Collected data entries
*** Block opens ***

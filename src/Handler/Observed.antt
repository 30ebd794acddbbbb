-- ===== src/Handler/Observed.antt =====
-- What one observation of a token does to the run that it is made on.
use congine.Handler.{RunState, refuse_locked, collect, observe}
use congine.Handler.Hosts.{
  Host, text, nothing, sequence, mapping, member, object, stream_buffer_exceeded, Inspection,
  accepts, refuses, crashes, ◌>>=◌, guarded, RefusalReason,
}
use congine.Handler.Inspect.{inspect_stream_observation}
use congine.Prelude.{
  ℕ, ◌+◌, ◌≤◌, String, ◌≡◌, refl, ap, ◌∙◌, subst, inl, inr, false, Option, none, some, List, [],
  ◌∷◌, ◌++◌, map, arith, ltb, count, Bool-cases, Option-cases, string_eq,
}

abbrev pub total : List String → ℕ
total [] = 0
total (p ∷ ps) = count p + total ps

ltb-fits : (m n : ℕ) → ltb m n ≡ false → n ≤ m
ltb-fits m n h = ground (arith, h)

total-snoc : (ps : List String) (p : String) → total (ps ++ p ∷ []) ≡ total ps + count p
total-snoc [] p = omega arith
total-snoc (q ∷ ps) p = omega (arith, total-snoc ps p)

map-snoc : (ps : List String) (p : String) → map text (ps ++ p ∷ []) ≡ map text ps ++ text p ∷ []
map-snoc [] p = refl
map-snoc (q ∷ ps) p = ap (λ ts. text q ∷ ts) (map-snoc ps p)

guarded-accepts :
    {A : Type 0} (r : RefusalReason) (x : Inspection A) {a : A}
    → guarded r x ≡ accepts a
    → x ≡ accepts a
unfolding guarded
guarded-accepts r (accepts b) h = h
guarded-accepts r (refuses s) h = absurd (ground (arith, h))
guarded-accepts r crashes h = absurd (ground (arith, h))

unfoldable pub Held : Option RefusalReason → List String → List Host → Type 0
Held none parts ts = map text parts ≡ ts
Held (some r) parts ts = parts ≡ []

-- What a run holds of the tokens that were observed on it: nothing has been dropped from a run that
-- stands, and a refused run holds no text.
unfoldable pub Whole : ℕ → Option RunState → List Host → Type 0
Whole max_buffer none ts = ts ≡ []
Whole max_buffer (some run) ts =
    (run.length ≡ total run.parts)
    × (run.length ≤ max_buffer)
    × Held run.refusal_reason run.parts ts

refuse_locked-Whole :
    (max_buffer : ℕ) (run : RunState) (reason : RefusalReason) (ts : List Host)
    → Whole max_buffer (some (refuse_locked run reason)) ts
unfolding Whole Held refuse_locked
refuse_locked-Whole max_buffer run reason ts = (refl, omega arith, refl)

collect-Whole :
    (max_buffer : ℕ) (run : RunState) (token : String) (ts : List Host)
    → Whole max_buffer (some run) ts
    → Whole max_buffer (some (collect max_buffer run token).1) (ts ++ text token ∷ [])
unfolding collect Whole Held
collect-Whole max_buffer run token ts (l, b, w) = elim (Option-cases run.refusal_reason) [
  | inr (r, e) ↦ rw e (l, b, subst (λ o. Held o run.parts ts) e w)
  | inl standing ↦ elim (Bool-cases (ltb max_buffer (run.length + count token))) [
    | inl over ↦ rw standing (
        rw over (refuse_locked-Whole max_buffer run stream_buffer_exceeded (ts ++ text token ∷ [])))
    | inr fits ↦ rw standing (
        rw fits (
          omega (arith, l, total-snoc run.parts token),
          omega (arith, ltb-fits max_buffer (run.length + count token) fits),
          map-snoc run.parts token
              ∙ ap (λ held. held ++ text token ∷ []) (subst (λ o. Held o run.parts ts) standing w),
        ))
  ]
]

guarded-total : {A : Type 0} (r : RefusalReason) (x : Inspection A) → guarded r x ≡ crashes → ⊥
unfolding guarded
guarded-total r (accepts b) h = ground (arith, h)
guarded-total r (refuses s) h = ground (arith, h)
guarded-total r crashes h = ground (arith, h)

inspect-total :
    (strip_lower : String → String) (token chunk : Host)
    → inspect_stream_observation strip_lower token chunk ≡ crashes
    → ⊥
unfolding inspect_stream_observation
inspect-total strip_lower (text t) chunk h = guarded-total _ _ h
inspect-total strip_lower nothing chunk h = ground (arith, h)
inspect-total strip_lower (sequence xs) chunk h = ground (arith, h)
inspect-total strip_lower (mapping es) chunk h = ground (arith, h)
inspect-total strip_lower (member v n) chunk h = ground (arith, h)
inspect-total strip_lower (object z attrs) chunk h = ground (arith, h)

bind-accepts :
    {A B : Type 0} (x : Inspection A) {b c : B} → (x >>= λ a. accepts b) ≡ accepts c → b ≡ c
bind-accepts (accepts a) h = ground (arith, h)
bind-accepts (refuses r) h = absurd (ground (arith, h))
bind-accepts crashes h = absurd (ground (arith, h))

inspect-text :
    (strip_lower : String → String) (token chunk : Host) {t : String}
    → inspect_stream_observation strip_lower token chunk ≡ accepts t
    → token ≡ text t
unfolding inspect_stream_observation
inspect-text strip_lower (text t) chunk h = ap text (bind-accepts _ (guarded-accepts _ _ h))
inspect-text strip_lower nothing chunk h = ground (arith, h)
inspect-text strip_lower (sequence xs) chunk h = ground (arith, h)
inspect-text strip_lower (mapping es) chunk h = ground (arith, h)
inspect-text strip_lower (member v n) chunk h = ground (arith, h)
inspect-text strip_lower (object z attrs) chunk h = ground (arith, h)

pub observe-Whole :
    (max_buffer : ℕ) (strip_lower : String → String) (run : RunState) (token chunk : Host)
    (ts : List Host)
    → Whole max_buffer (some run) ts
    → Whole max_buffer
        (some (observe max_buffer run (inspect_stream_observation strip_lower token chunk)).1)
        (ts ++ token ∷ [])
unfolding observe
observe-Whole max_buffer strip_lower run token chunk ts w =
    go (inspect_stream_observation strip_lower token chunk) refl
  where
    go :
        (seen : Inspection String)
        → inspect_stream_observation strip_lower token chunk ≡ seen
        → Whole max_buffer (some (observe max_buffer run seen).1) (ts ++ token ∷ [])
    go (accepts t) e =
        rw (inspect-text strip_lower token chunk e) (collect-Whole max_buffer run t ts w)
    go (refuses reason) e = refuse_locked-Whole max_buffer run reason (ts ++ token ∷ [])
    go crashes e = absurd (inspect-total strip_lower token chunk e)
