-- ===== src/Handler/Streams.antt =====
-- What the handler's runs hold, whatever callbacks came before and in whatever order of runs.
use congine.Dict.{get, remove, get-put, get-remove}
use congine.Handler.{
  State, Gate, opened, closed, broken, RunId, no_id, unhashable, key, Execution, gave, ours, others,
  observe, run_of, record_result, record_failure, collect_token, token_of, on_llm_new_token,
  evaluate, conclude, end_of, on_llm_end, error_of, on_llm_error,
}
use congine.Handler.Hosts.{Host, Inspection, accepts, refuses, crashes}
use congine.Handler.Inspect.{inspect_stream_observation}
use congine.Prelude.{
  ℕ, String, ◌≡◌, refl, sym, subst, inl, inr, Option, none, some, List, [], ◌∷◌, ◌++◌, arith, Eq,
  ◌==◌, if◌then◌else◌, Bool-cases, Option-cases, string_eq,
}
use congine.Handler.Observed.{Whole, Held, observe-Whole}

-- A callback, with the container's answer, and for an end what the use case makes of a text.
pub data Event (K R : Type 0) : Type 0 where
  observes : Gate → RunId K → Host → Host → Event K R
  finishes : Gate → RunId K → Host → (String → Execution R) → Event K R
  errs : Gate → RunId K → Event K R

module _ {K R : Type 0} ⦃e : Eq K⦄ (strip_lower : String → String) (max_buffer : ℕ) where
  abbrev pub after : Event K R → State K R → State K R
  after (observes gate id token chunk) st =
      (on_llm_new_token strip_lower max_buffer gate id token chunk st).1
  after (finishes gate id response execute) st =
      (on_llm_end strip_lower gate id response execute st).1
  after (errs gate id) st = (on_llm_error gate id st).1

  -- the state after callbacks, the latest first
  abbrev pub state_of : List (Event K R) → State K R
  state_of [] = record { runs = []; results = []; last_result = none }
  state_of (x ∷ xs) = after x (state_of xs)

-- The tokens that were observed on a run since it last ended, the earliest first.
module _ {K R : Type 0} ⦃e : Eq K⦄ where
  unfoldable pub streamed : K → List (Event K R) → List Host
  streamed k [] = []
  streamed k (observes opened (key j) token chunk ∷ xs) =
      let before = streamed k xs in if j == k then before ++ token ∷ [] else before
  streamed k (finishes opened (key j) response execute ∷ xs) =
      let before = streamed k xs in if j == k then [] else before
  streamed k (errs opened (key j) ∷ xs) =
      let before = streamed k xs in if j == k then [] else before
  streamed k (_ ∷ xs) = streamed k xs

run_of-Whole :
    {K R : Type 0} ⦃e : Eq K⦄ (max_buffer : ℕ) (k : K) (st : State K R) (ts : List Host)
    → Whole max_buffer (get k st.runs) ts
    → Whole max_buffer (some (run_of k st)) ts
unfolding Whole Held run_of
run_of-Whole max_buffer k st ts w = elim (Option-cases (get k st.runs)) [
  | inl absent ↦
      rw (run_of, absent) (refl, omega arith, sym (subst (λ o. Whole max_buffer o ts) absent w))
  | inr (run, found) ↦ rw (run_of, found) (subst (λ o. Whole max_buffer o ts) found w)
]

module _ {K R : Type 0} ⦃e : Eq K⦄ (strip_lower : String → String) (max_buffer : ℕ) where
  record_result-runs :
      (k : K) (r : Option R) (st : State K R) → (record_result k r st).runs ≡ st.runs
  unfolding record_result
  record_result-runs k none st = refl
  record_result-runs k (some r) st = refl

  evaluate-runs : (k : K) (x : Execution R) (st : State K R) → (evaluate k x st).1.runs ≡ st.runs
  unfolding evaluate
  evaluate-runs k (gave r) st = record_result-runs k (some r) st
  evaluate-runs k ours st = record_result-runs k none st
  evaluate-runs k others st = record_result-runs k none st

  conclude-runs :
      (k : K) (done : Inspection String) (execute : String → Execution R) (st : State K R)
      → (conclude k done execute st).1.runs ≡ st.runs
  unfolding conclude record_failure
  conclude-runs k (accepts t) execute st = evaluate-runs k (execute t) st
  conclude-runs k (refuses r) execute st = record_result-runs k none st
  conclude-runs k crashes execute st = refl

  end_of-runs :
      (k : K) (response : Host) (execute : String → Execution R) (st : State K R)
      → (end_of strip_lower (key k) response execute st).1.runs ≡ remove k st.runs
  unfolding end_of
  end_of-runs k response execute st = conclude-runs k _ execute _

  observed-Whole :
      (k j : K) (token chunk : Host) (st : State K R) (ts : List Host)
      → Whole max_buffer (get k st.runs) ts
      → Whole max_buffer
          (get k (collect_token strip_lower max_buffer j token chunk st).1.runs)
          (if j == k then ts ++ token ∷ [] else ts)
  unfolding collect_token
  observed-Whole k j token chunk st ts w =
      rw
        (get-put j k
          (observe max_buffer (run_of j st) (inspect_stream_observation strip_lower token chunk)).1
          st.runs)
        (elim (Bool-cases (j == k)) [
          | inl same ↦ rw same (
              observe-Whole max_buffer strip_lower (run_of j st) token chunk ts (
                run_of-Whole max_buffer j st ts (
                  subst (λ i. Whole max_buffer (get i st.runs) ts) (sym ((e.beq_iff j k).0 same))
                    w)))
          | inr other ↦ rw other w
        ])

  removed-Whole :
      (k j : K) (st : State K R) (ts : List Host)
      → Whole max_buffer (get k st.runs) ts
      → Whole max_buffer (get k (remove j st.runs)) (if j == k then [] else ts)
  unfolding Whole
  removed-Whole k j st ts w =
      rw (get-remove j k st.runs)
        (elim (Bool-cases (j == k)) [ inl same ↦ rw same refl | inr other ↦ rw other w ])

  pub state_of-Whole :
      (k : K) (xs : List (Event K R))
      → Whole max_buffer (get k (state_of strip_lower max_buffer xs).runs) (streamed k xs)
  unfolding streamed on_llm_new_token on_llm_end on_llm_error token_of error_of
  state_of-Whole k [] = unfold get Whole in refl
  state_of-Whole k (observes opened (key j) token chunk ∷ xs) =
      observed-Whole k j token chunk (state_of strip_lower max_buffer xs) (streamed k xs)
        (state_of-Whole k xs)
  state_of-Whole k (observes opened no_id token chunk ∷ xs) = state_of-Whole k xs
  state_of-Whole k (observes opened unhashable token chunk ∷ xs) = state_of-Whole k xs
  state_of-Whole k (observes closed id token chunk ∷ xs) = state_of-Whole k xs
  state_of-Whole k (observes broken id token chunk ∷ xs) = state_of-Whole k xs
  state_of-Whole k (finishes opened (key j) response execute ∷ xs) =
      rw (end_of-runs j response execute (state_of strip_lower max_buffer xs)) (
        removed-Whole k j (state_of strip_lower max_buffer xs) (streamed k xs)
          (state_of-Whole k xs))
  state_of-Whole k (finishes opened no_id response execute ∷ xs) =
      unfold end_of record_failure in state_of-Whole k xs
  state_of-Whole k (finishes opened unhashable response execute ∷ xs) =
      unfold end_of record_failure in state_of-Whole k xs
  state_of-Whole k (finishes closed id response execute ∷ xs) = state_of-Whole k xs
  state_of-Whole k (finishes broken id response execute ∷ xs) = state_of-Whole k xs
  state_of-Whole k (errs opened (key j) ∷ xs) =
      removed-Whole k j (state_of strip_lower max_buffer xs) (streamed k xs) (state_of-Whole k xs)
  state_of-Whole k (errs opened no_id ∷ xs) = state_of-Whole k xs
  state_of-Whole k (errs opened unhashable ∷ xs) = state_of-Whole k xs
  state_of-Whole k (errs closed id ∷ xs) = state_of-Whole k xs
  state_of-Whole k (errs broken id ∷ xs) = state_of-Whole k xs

*** Block closes ***

## Task instructions
All lines above in which the word "Held" occurs should be identified and copied.

## Solution
unfoldable pub Held : Option RefusalReason → List String → List Host → Type 0
Held none parts ts = map text parts ≡ ts
Held (some r) parts ts = parts ≡ []
    × Held run.refusal_reason run.parts ts
unfolding Whole Held refuse_locked
unfolding collect Whole Held
  | inr (r, e) ↦ rw e (l, b, subst (λ o. Held o run.parts ts) e w)
              ∙ ap (λ held. held ++ text token ∷ []) (subst (λ o. Held o run.parts ts) standing w),
use congine.Handler.Observed.{Whole, Held, observe-Whole}
unfolding Whole Held run_of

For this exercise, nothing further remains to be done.